# PC Startet nur nach mehreren Minuten/Versuchen problemlos



## Zoid-Dunkelziffer (26. Februar 2010)

Hi, 

seit 2 Tagen startet mein Rechner nicht mehr ohne probleme wenn ich ihn das erste mal am Tag einschalte.

Das läuft dann so ab:

1. Einschalten
2. BIOS POST-ton ertönt ( ganz normaler ton der sgat, dass alles OK ist)
3. BIOS Bild erscheint ( Man kann auch ins BIOS Menü gehen über die entsprechende Taste und es wird auch alles problemlos grafisch dargestellt)
4. BIOS Bild geht weg
5. Es erscheint ein schwarzer Bildschirm mit einem blinkenden Cursor, einem grünen Viereck und einem spanischen N.

Dies bleibt so einige Neustarts lang. Habe schon mal an allen möglichen Kabeln gerüttelt und sie aus-und neu eingesteckt um sicher zu gehen dass sich da nix gelockert hat.

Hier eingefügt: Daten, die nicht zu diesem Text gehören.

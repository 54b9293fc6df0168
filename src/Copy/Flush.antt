-- ===== src/Copy/Flush.antt =====
-- The write cache is transparent: a copy and the flush after it write the source, whatever its
-- length.
use ravens.Base.{
  ℕ, ◌+◌, ◌-◌, ◌*◌, ◌/◌, ◌%◌, ◌^◌, ◌≡◌, ◌≢◌, ◌<◌, refl, ap, fun_ext, inl, inr, true, none, arith,
  ◌==◌, Bool-cases, leb, if◌then◌else◌,
}
use ravens.Base.Memory.{Bytes, shift, blit, fill}
use ravens.Copy.{ram, copy_aligned, perform_copy_with_cache, flush_copy_cache}
use ravens.Decoder.Reader.{size_mod}
use ravens.Device.{Device, ok, ◌>>◌, write}
use ravens.Device.Ends.{write-powered}
use ravens.Flash.{whole_part}
use ravens.Platform.{Platform, IsFlash, IsErased}

module _ {p : Platform} (flash : IsFlash p) (d : Device) (on : d.power ≡ none)
    (dest offset length : ℕ) (aligned : dest % 8 ≡ 0) (fits : dest + length < 2 ^ 31)
    (erased : IsErased d.nand dest ((length + 7) / 8 * 8)) where
  abbrev source : Bytes
  source = shift d.cache_ram offset

  abbrev rest : ℕ
  rest = length - whole_part length

  -- The aligned part of the copy.
  abbrev wrote : Bytes
  wrote = blit d.nand dest (whole_part length) source

  wrote_lem : write p dest (whole_part length) source d ≡ ok true (record d { nand = wrote })
  wrote_lem =
      write-powered flash d dest (whole_part length) source aligned (λ i h. erased i (omega arith))
        on

  copied_whole :
      rest ≡ 0
      → d.write_cache_pos ≡ 0
      → (perform_copy_with_cache p dest (ram offset) length >> flush_copy_cache p) d
        ≡ ok tt (record d { nand = wrote })
  unfolding perform_copy_with_cache copy_aligned flush_copy_cache
  copied_whole even empty = ground (arith, wrote_lem)

  -- The device between the copy and the flush, if some bytes wait in the write cache.
  abbrev waiting : Device
  waiting = record d {
    nand = wrote;
    write_cache = blit d.write_cache 0 rest (shift source (whole_part length));
    write_cache_pos = rest;
    prev_dest = (dest + whole_part length) % size_mod;
  }

  copied_waiting :
      rest ≢ 0
      → d.write_cache_pos ≡ 0
      → perform_copy_with_cache p dest (ram offset) length d ≡ ok tt waiting
  unfolding perform_copy_with_cache copy_aligned
  copied_waiting odd empty = ground (arith, wrote_lem)

  abbrev padded : Bytes
  padded = fill waiting.write_cache rest (8 - rest) 0xff

  flushed_lem :
      rest ≢ 0
      → flush_copy_cache p waiting
        ≡ ok tt (record waiting {
          nand = blit wrote (dest + whole_part length) 8 padded;
          write_cache = padded;
          write_cache_pos = 0;
        })
  unfolding flush_copy_cache
  flushed_lem odd = ground (
    arith,
    write-powered flash (record waiting { write_cache = padded }) (dest + whole_part length) 8
        padded (omega arith)
        (λ i h.
          unfold blit in ground (arith, erased (whole_part length + i), ap d.nand (the_address i)))
        on,
    ap (λ (a : ℕ). write p a 8 padded (record waiting { write_cache = padded })) no_wrap,
  )
    where
      no_wrap : (dest + whole_part length) % size_mod ≡ dest + whole_part length
      no_wrap = omega arith

      the_address : (i : ℕ) → dest + (whole_part length + i) ≡ dest + whole_part length + i
      the_address i = omega arith

  end_joined :
      rest ≢ 0 → blit wrote (dest + whole_part length) 8 padded ≡ blit d.nand dest length source
  unfolding blit fill
  end_joined odd = fun_ext λ a.
      ground (arith, erased (a - dest), ap d.nand (the_address a), ap d.cache_ram (the_offset a))
    where
      the_address : (a : ℕ) → dest + (a - dest) ≡ (if leb dest a then a else dest)
      the_address a = ground arith

      the_offset :
          (a : ℕ)
          → offset + (whole_part length + (a - (dest + whole_part length))) ≡ (
              if leb (dest + whole_part length) a
              then offset + (a - dest)
              else offset + whole_part length)
      the_offset a = ground arith

  -- With power, an empty write cache and flash that is erased up to the end of the last phrase, below
  -- 2 GB: a copy from `cacheRAM` to an aligned address, and the flush that ERASE makes, write `length`
  -- bytes of the cache there and nothing else, whatever the length: the bytes of an incomplete
  -- phrase wait in the write cache, which is empty again at the end.
  pub copy-flush :
      d.write_cache_pos ≡ 0
      → (e : Device) × ((perform_copy_with_cache p dest (ram offset) length >> flush_copy_cache p) d
          ≡ ok tt e)
        × (e.nand ≡ blit d.nand dest length source)
        × (e.write_cache_pos ≡ 0)
  copy-flush empty = elim (Bool-cases (rest == 0)) [
    | inl even ↦ (
      _,
      copied_whole (ground arith) empty,
      ap (λ (n : ℕ). blit d.nand dest n source) (ground arith),
      empty,
    )
    | inr odd ↦ (
      record waiting {
        nand = blit wrote (dest + whole_part length) 8 padded;
        write_cache = padded;
        write_cache_pos = 0;
      },
      rw (copied_waiting (ground arith) empty) (flushed_lem (ground arith)),
      end_joined (ground arith),
      refl,
    )
  ]
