-- ===== src/Counter/Backup.antt =====
-- The two backups of the cache alternate.
use ravens.Base.{ℕ, ◌+◌, ◌-◌, ◌/◌, ◌%◌, ◌≡◌, ◌<◌, refl, ap, none, arith, ◌==◌, if◌then◌else◌}
use ravens.Base.Memory.{Bytes, shift, blit, fill}
use ravens.Counter.{saved_to, backup_cache, restore_cache}
use ravens.Device.{Device, ok}
use ravens.Device.Ends.{erase-powered, write-powered}
use ravens.Platform.{Platform, IsFlash, IsLayout}

module _ {p : Platform} (flash : IsFlash p) (layout : IsLayout p) where
  -- The flash after a backup of a cache.
  abbrev pub saved : ℕ → Bytes → Bytes → Bytes
  saved counter nand cache =
      blit (fill nand (saved_to p counter) 4096 0xff) (saved_to p counter) 4096 cache

  saved_to_aligned : (counter : ℕ) → saved_to p counter % 4096 ≡ 0
  saved_to_aligned counter = ground (arith, layout.backup1_aligned, layout.backup2_aligned)

  pub backup_cache-saved :
      (counter : ℕ) (d : Device)
      → d.power ≡ none
      → backup_cache p counter d ≡ ok tt (record d { nand = saved counter d.nand d.cache_ram })
  unfolding backup_cache
  backup_cache-saved counter d on =
      let erased : Bytes = fill d.nand (saved_to p counter) 4096 0xff in
      ground (
        arith,
        erase-powered flash d (saved_to p counter) (saved_to_aligned counter) on,
        write-powered flash (record d { nand = erased }) (saved_to p counter) 4096 d.cache_ram
            (omega (arith, saved_to_aligned counter)) (λ i h. unfold fill in ground arith) on,
      )

  -- With power, from an even counter: ERASE counts to an odd number, backs the cache up, counts on, and erases. A restart with the
  -- even number restores the cache of that backup; one with the odd number restores what the page
  -- of the backup before held, which this one leaves alone.
  pub restore_cache-backup_cache :
      (counter : ℕ) (d : Device)
      → d.power ≡ none
      → counter % 2 ≡ 0
      → (e : Device) × (backup_cache p (counter + 1) d ≡ ok tt e)
        × ((junk : Bytes) (i : ℕ)
            → i < 4096
            → (f g : Device) × (restore_cache p (counter + 2) (record e { cache_ram = junk })
                ≡ ok tt f)
              × (f.cache_ram i ≡ d.cache_ram i)
              × (restore_cache p (counter + 1) (record e { cache_ram = junk }) ≡ ok tt g)
              × (g.cache_ram i ≡ d.nand (saved_to p (counter + 3) + i)))
  unfolding restore_cache
  restore_cache-backup_cache counter d on even = (
    _,
    backup_cache-saved (counter + 1) d on,
    λ junk i h. (_, _, refl, again junk i h, refl, before junk i h),
  )
    where
      the_byte : (page i : ℕ) → page + i - page ≡ i
      the_byte page i = omega arith

      again :
          (junk : Bytes) (i : ℕ)
          → i < 4096
          → blit junk 0 4096
              (shift
                (saved (counter + 1) d.nand d.cache_ram)
                (if (counter + 2) / 2 % 2 == 1 then p.backup_cache1 else p.backup_cache2))
              i
            ≡ d.cache_ram i
      again junk i h =
          unfold blit in
          ground (
            arith,
            ap d.cache_ram (the_byte p.backup_cache1 i),
            ap d.cache_ram (the_byte p.backup_cache2 i),
          )

      before :
          (junk : Bytes) (i : ℕ)
          → i < 4096
          → blit junk 0 4096
              (shift
                (saved (counter + 1) d.nand d.cache_ram)
                (if (counter + 1) / 2 % 2 == 1 then p.backup_cache1 else p.backup_cache2))
              i
            ≡ d.nand (saved_to p (counter + 3) + i)
      before junk i h = unfold blit fill in ground (arith, layout.backups)
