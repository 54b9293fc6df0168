-- ===== src/Counter/Forward.antt =====
-- incrementCounter while the device catches up with the counter that it had before a loss of power.
use ravens.Base.{
  ℕ, zero, suc, ◌+◌, ◌≡◌, ◌≤◌, ◌<◌, Bool, true, false, Option, some, arith, ◌==◌, if◌then◌else◌,
}
use ravens.Counter.{increment_counter}
use ravens.Decoder.Reader.{size_mod}
use ravens.Device.{Device, M, ok, pure, ◌>>=◌}
use ravens.Platform.{Platform}

-- `n` calls of incrementCounter in a row.
unfoldable pub increments :
    Platform → ℕ → (counter old_counter : ℕ) → Option Bool → M (ℕ × Option Bool)
increments p zero counter old fast = pure (counter, fast)
increments p (suc n) counter old fast = do
  (counter', fast') ← increment_counter p counter old fast
  increments p n counter' old fast'

step_fast :
    (p : Platform) (counter old : ℕ) (d : Device)
    → counter < old
    → old < size_mod
    → increment_counter p counter old (some true) d
      ≡ ok (counter + 1, (if counter + 1 == old then some false else some true)) d
unfolding increment_counter
step_fast p counter old d below fits = ground arith

-- From a counter below the old one, and not past it: fast-forwarding counts without a change to the device, and ends exactly at the old counter: up to
-- there `fastForward` is set, and there it is cleared.
pub increments-fast :
    (p : Platform) (n counter old : ℕ) (d : Device)
    → counter < old
    → counter + n ≤ old
    → old < size_mod
    → increments p n counter old (some true) d
      ≡ ok (counter + n, some (if counter + n == old then false else true)) d
unfolding increments
increments-fast p zero counter old d below reach fits = ground arith
increments-fast p (suc zero) counter old d below reach fits =
    rw (step_fast p counter old d below fits) (ground arith)
increments-fast p (suc (suc n)) counter old d below reach fits = ground (
  arith,
  step_fast p counter old d below fits,
  increments-fast p (suc n) (counter + 1) old d (omega arith) (omega arith) fits,
)
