-- ===== src/Counter/Lost.antt =====
-- What getCurrentCounter reads, and what incrementCounter records with 32-bit pointers.
use native.Mathlib.Nat.{add-zero, zero-add}
use ravens.Base.{
  ℕ, zero, suc, ◌+◌, ◌-◌, ◌*◌, ◌%◌, ◌≡◌, ◌≢◌, ◌≤◌, ◌<◌, ◌⊎◌, refl, ap, ◌∙◌, true, false, none,
  arith,
}
use ravens.Base.Memory.{Bytes, shift, blit}
use ravens.Counter.{cell_is_zero, count_cells, counter_of, record_step, increment_counter}
use ravens.Decoder.Reader.{size_mod}
use ravens.Device.{Device, ok, read_le, le_bytes, spend, write}
use ravens.Device.Fields.{read_le-eq}
use ravens.Flash.Write.{write_to_nand_misaligned}
use ravens.Metadata.{is_metadata_valid, get_metadata}
use ravens.Platform.{Platform, IsFlash, IsLayout, IsErased}

-- The bytes of the first `k` cells are zero, and the next cell holds a byte that is not.
pub record Marks (field : Bytes) (k : ℕ) : Type 0 where
  pub marked : (i : ℕ) → i < 8 * k → field i ≡ 0
  pub next : ℕ
  pub next_in : next < 8
  pub unmarked : field (8 * k + next) ≢ 0

cell_is_zero_of :
    (field : Bytes) (i left : ℕ)
    → ((j : ℕ) → j < left → field (i + j) ≡ 0)
    → cell_is_zero field i left ≡ true
unfolding cell_is_zero
cell_is_zero_of field i zero h = refl
cell_is_zero_of field i (suc left) h = ground (
  arith,
  ap field (add-zero i),
  h 0 (omega arith),
  cell_is_zero_of field (i + 1) left (λ j lt. ap field (omega arith) ∙ h (suc j) (omega arith)),
)

cell_is_zero_not :
    (field : Bytes) (i left j : ℕ)
    → j < left
    → field (i + j) ≢ 0
    → cell_is_zero field i left ≡ false
unfolding cell_is_zero
cell_is_zero_not field i zero j h ne = absurd (omega arith)
cell_is_zero_not field i (suc left) zero h ne = ground (arith, ap field (add-zero i))
cell_is_zero_not field i (suc left) (suc j) h ne = ground (
  arith,
  cell_is_zero_not field (i + 1) left j (omega arith) (λ e. ne (ap field (omega arith) ∙ e)),
)

count_cells-marked :
    (field : Bytes) (start k rounds : ℕ)
    → k < rounds
    → start + rounds ≤ 508
    → Marks field (start + k)
    → count_cells field (8 * start) rounds ≡ k
unfolding count_cells
count_cells-marked field start k zero h fits m = absurd (omega arith)
count_cells-marked field start zero (suc rounds) h fits m = ground (
  arith,
  ap (λ (t : ℕ). field (8 * t + m.next)) (add-zero start),
  m.unmarked,
  cell_is_zero_not field (8 * start) 8 m.next m.next_in,
)
count_cells-marked field start (suc k) (suc rounds) h fits m = ground (
  arith,
  cell_is_zero_of field (8 * start) 8 (λ j lt. m.marked (8 * start + j) (omega arith)),
  ap (λ (t : ℕ). count_cells field t rounds) (next_cell start),
  count_cells-marked field (start + 1) k rounds (omega arith) (omega arith)
      (rw (shifted start k) m),
)
  where
    next_cell : (start : ℕ) → 8 * start + 8 ≡ 8 * (start + 1)
    next_cell start = omega arith

    shifted : (start k : ℕ) → start + 1 + k ≡ start + suc k
    shifted start k = omega arith

-- Where fewer than 508 cells are marked: getCurrentCounter reads the number of cells that are marked, in order, from the first on, on top
-- of 508 for each page that was filled before.
pub counter_of-Marks :
    (nand : Bytes) (page k : ℕ)
    → k < 508
    → Marks (shift nand (page + 4)) k
    → counter_of nand page ≡ (read_le nand (page + 4072) 4 * 508 + k) % size_mod
unfolding counter_of
counter_of-Marks nand page k h m =
    rw (count_cells-marked (shift nand (page + 4)) 0 k 508 h (omega arith) (rw (zero-add k) m))

-- A cell of which only the second half was marked, and nothing else.
pub record HalfMarked (nand after : Bytes) (cell : ℕ) : Type 0 where
  first_half : (i : ℕ) → i < 4 → after (cell + i) ≡ 0xff
  second_half : (i : ℕ) → i < 4 → after (cell + 4 + i) ≡ 0
  elsewhere : (a : ℕ) → a < cell + 4 ⊎ cell + 8 ≤ a → after a ≡ nand a

-- Where `current` is the valid page of the metadata, with no cell marked.
module _ {p : Platform} (flash : IsFlash p) (layout : IsLayout p) (d : Device) (on : d.power ≡ none)
    (valid : is_metadata_valid d.nand p.update_metadata_main ≡ true)
    (unmarked : IsErased d.nand (p.update_metadata_main + 4) 4068) (counter : ℕ)
    (later : 1 ≤ counter) (room : counter + 1 < 508) where
  abbrev marked_half : Bytes
  marked_half = blit d.nand (p.update_metadata_main + 4 + counter * 8 + 4) 4 (shift (le_bytes 0) 4)

  half_written :
      write p (p.update_metadata_main + 4 + counter * 8) 8 (le_bytes 0) d
      ≡ ok true (record d { nand = marked_half })
  unfolding write spend
  half_written = ground (
    arith,
    write_to_nand_misaligned flash d.nand (p.update_metadata_main + 4 + counter * 8) 8 (le_bytes 0)
        (omega (arith, layout.main_aligned))
        (λ i h. ap d.nand (omega arith) ∙ unmarked (counter * 8 - 4 + i) (omega arith)),
  )

  none_marked :
      (m : Bytes)
      → m (p.update_metadata_main + 4) ≡ 0xff
      → Marks (shift m (p.update_metadata_main + 4)) 0
  none_marked m h = record {
    marked = λ i lt. absurd (omega arith);
    next = 0;
    next_in = omega arith;
    unmarked = λ e. omega (arith, h, e, ap m (add-zero (p.update_metadata_main + 4)));
  }

  recorded : record_step p (counter + 1) d ≡ ok tt (record d { nand = marked_half })
  unfolding record_step get_metadata
  recorded =
      ground (arith, valid, half_written, ap (λ (a : ℕ). write p a 8 (le_bytes 0) d) the_cell)
    where
      the_cell :
          p.update_metadata_main + 4 + (counter + 1 + size_mod - 1) % size_mod * 8 % size_mod
          ≡ p.update_metadata_main + 4 + counter * 8
      the_cell = omega arith

  abbrev cell : ℕ
  cell = p.update_metadata_main + 4 + counter * 8

  half_marked : HalfMarked d.nand marked_half cell
  unfolding blit le_bytes
  half_marked = record {
    first_half = λ i under.
        ground (arith, under, ap d.nand (place i) ∙ unmarked (counter * 8 + i) (omega arith));
    second_half = λ i under. ground (arith, under);
    elsewhere = λ a outside. ground (arith, outside);
  }
    where
      place : (i : ℕ) → cell + i ≡ p.update_metadata_main + 4 + (counter * 8 + i)
      place i = omega arith

  unread : cell_is_zero (shift marked_half (p.update_metadata_main + 4)) (counter * 8) 8 ≡ false
  unread =
      cell_is_zero_not (shift marked_half (p.update_metadata_main + 4)) (counter * 8) 8 0
        (omega arith)
        (λ e. omega (arith, e, half_marked.first_half 0 (omega arith), ap marked_half place))
    where
      place : p.update_metadata_main + 4 + (counter * 8 + 0) ≡ cell + 0
      place = omega arith

  -- With 32-bit pointers and power, the main page valid and no cell marked, for a counter from 1 to 506:
  -- incrementCounter, not fast-forwarding, returns the next counter, zeroes the last four bytes of the
  -- cell of the old one and changes no other byte of the flash. The first four bytes of the cell stay
  -- erased, so that the loop of getCurrentCounter takes it for a cell that is not marked, and
  -- getCurrentCounter reads the same number as before.
  pub increment_counter_lost :
      (old_counter : ℕ)
      → (e : Device) × (increment_counter p counter old_counter none d ≡ ok (counter + 1, none) e)
        × HalfMarked d.nand e.nand (p.update_metadata_main + 4 + counter * 8)
        × (cell_is_zero (shift e.nand (p.update_metadata_main + 4)) (counter * 8) 8 ≡ false)
        × (counter_of e.nand p.update_metadata_main ≡ counter_of d.nand p.update_metadata_main)
  unfolding increment_counter
  increment_counter_lost old_counter =
      (record d { nand = marked_half }, incremented, half_marked, unread, same)
    where
      incremented :
          increment_counter p counter old_counter none d
          ≡ ok (counter + 1, none) (record d { nand = marked_half })
      incremented = ground (arith, recorded, ap (λ (c : ℕ). record_step p c d) small)
        where
          small : (counter + 1) % size_mod ≡ counter + 1
          small = omega arith

      same :
          counter_of marked_half p.update_metadata_main ≡ counter_of d.nand p.update_metadata_main
      same = omega (
        arith,
        counter_of-Marks marked_half p.update_metadata_main 0 (omega arith) (
            none_marked marked_half (
              unfold blit in
              ground (arith, unmarked 0, ap d.nand (add-zero (p.update_metadata_main + 4))))),
        counter_of-Marks d.nand p.update_metadata_main 0 (omega arith)
            (none_marked d.nand (ap d.nand (omega arith) ∙ unmarked 0 (omega arith))),
        read_le-eq marked_half d.nand (p.update_metadata_main + 4072)
            (p.update_metadata_main + 4072) 4 (λ i h. unfold blit in ground arith),
      )
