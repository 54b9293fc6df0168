-- ===== src/Critical/Install.antt =====
-- The installation of a page of critical metadata against a loss of power.
use ravens.Base.{
  ℕ, ◌+◌, ◌-◌, ◌<◌, ◌≡◌, ◌≢◌, refl, ap, ◌∙◌, inr, ◌⊎◌, Bool, true, false, none, arith,
  if◌then◌else◌,
}
use ravens.Base.Memory.{Bytes, shift, blit, fill}
use ravens.Critical.{
  at_valid, page_valid, set_valid, set_update_in_progress, set_installed, write_critical,
  validate_critical_metadata, concluded_copy,
}
use ravens.Critical.Recovery.{
  Holds, rewritten, validate-kept, validate-restored, rewritten-Holds, page-IsErased, flag-IsErased,
}
use ravens.Device.{Device, ok, read_le, le_bytes}
use ravens.Device.Ends.{Ends, ended, bind, erase-Ends, write-Ends}
use ravens.Device.Fields.{read_le_erased, read_le_marked}
use ravens.Metadata.{
  valid_64b_value, default_64b_flash_value, is_metadata_valid, get_metadata, at_location,
}
use ravens.Platform.{Platform, IsFlash, IsLayout, IsErased}

-- When the power is back, the recovery succeeds and leaves a valid page: the old or the new one.
abbrev pub Recovers : Platform → (old new : Bytes) → Device → Type 0
Recovers p old new d =
    (e : Device) × (validate_critical_metadata p (record d { power = none }) ≡ ok tt e)
    × (page_valid (shift e.nand p.critical_metadata) ≡ valid_64b_value)
    × (Holds e.nand p.critical_metadata old ⊎ Holds e.nand p.critical_metadata new)

-- The page of the metadata that getMetadata returns, and the copy that concludeUpdate makes.
abbrev pub metadata_page : Platform → Bytes → ℕ
metadata_page p nand =
    if is_metadata_valid nand p.update_metadata_main
    then p.update_metadata_main
    else p.update_metadata_sec

abbrev pub copied : Platform → Bytes → Bool → Bytes
copied p nand with_error =
    let page = shift nand p.critical_metadata in
    if with_error
    then page
    else set_installed page nand (read_le nand (metadata_page p nand + at_location) 4)

-- The page that concludeUpdate is to install, before its flag is set.
unfoldable pub next_page : Platform → Bytes → Bool → Bytes
next_page p nand with_error =
    set_update_in_progress (copied p nand with_error) default_64b_flash_value

pub concluded_copy-copied :
    (p : Platform) (with_error : Bool) (d : Device)
    → (is_metadata_valid d.nand p.update_metadata_main ≡ true)
      ⊎ (is_metadata_valid d.nand p.update_metadata_sec ≡ true)
    → concluded_copy p with_error d ≡ ok (copied p d.nand with_error) d
unfolding concluded_copy get_metadata
concluded_copy-copied p true d metadata = refl
concluded_copy-copied p false d metadata = ground arith

module _ {p : Platform} (flash : IsFlash p) (layout : IsLayout p) where
  pub valid_kept :
      (old new : Bytes) (d : Device)
      → page_valid (shift d.nand p.critical_metadata) ≡ valid_64b_value
      → Holds d.nand p.critical_metadata old ⊎ Holds d.nand p.critical_metadata new
      → Recovers p old new d
  valid_kept old new d valid held = (
    record d { power = none },
    validate-kept flash layout (record d { power = none }) valid,
    valid,
    held,
  )

  pub rewritten-valid :
      (nand copy : Bytes)
      → page_valid (shift (rewritten p nand copy) p.critical_metadata) ≡ valid_64b_value
  unfolding page_valid blit
  rewritten-valid nand copy =
      read_le_marked (shift (rewritten p nand copy) p.critical_metadata) at_valid
        (λ i h. ground (arith, ap (le_bytes valid_64b_value) (the_byte i)))
    where
      the_byte : (i : ℕ) → p.critical_metadata + (112 + i) - (p.critical_metadata + 112) ≡ i
      the_byte i = omega arith

  backup_taken :
      (old next : Bytes) (d : Device)
      → page_valid (shift d.nand p.critical_metadata) ≢ valid_64b_value
      → Holds d.nand p.backup_cache1 next
      → Recovers p old (set_valid next valid_64b_value) d
  backup_taken old next d invalid held = (
    _,
    validate-restored flash layout (record d { power = none }) refl invalid,
    rewritten-valid d.nand _,
    inr (λ i h. rewritten-Holds flash layout d.nand _ i h ∙ same i h),
  )
    where
      same :
          (i : ℕ)
          → i < 4096
          → set_valid
              (shift (fill d.nand p.critical_metadata 4096 0xff) p.backup_cache1)
              valid_64b_value
              i
            ≡ set_valid next valid_64b_value i
      same i h = unfold set_valid blit fill in ground (arith, held i h, layout.critical_backup1)

  -- The flag of a page that was just erased, or just written with its flag erased.
  flag_unset :
      (nand : Bytes)
      → IsErased nand (p.critical_metadata + at_valid) 8
      → page_valid (shift nand p.critical_metadata) ≢ valid_64b_value
  unfolding page_valid
  flag_unset nand erased =
      read_le_erased (shift nand p.critical_metadata) at_valid
        (λ i h. ap nand (omega arith) ∙ erased i h)

  written-Recovers :
      (old next : Bytes) (nand : Bytes) (d : Device)
      → Holds nand p.backup_cache1 next
      → d.nand
        ≡ blit
            (fill nand p.critical_metadata 4096 0xff)
            p.critical_metadata
            4096
            (set_valid next default_64b_flash_value)
      → Recovers p old (set_valid next valid_64b_value) d
  written-Recovers old next nand d held same =
      backup_taken old next d
        (rw same (
          flag_unset
            (blit (fill nand p.critical_metadata 4096 0xff) p.critical_metadata 4096
              (set_valid next default_64b_flash_value))
            (flag-IsErased flash layout (fill nand p.critical_metadata 4096 0xff) next)))
        (λ i h. rw same (unfold blit fill in ground (arith, held i h, layout.critical_backup1)))

  erased-Recovers :
      (old next : Bytes) (nand : Bytes) (d : Device)
      → Holds nand p.backup_cache1 next
      → d.nand ≡ fill nand p.critical_metadata 4096 0xff
      → Recovers p old (set_valid next valid_64b_value) d
  erased-Recovers old next nand d held same =
      backup_taken old next d
        (rw same (
          flag_unset (fill nand p.critical_metadata 4096 0xff)
            (λ i h. unfold fill in ground arith)))
        (λ i h. rw same (unfold fill in ground (arith, held i h, layout.critical_backup1)))

  -- Once the backup holds the next page, a cut of its installation can be recovered from.
  pub write_critical-Ends :
      (old next : Bytes) (d : Device)
      → Holds d.nand p.backup_cache1 next
      → Recovers p old (set_valid next valid_64b_value) d
      → Ends
          (Recovers p old (set_valid next valid_64b_value))
          (λ _ e. e.nand ≡ rewritten p d.nand next)
          (write_critical p next d)
  unfolding write_critical
  write_critical-Ends old next d held safe =
      bind {P = λ _ e. e.nand ≡ fill d.nand p.critical_metadata 4096 0xff}
        (erase-Ends flash d p.critical_metadata layout.critical_aligned safe (λ power. refl))
        λ _ e erased.
          (bind
            {P = λ _ f.
              f.nand
              ≡ blit (fill d.nand p.critical_metadata 4096 0xff) p.critical_metadata 4096
                  (set_valid next default_64b_flash_value)}
            (write-Ends flash e p.critical_metadata 4096 _ (omega (arith, layout.critical_aligned))
              (rw erased (page-IsErased flash layout d.nand))
              (erased-Recovers old next d.nand e held erased) (λ power. rw erased))
            λ _ f unmarked.
              (bind {P = λ _ g. g.nand ≡ rewritten p d.nand next}
                (write-Ends flash f (p.critical_metadata + at_valid) 8 _
                  (omega (arith, layout.critical_aligned))
                  (rw unmarked
                    (flag-IsErased flash layout (fill d.nand p.critical_metadata 4096 0xff) next))
                  (written-Recovers old next d.nand f held unmarked) (λ power. rw unmarked))
                (λ _ g marked. ended marked)))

Wie dem auch sei.. nach etwa 10 Minuten neu starten funktioniert es dann endlich und der Bildschirm mit dem weißen Text wo noch einmal kurz alle Systemgeräte dargestellt werden erscheint und wechselt dann sofort zum Windows 7 Ladebildschirm und fährt ganz normal hoch.


Nun frage ich mich aber trotzdem an was das liegen mag.. ich will nicht eines morgens aufstehen und der Rechner geht garnicht mehr an :-P

Die Festplatte und allgemein der Rechner ist noch garnicht so alt ( ende August 2009 gekauft) dass da irgendwas kaputt sein könnte.. überhitzen kann er auch nicht ( siehe Signatur für die Spezifikationen).

An der Grafikkarte kann es aber auch nicht liegen, da das BIOS-Bildchen und das BIOS selbst ja korrekt dargestellt werden.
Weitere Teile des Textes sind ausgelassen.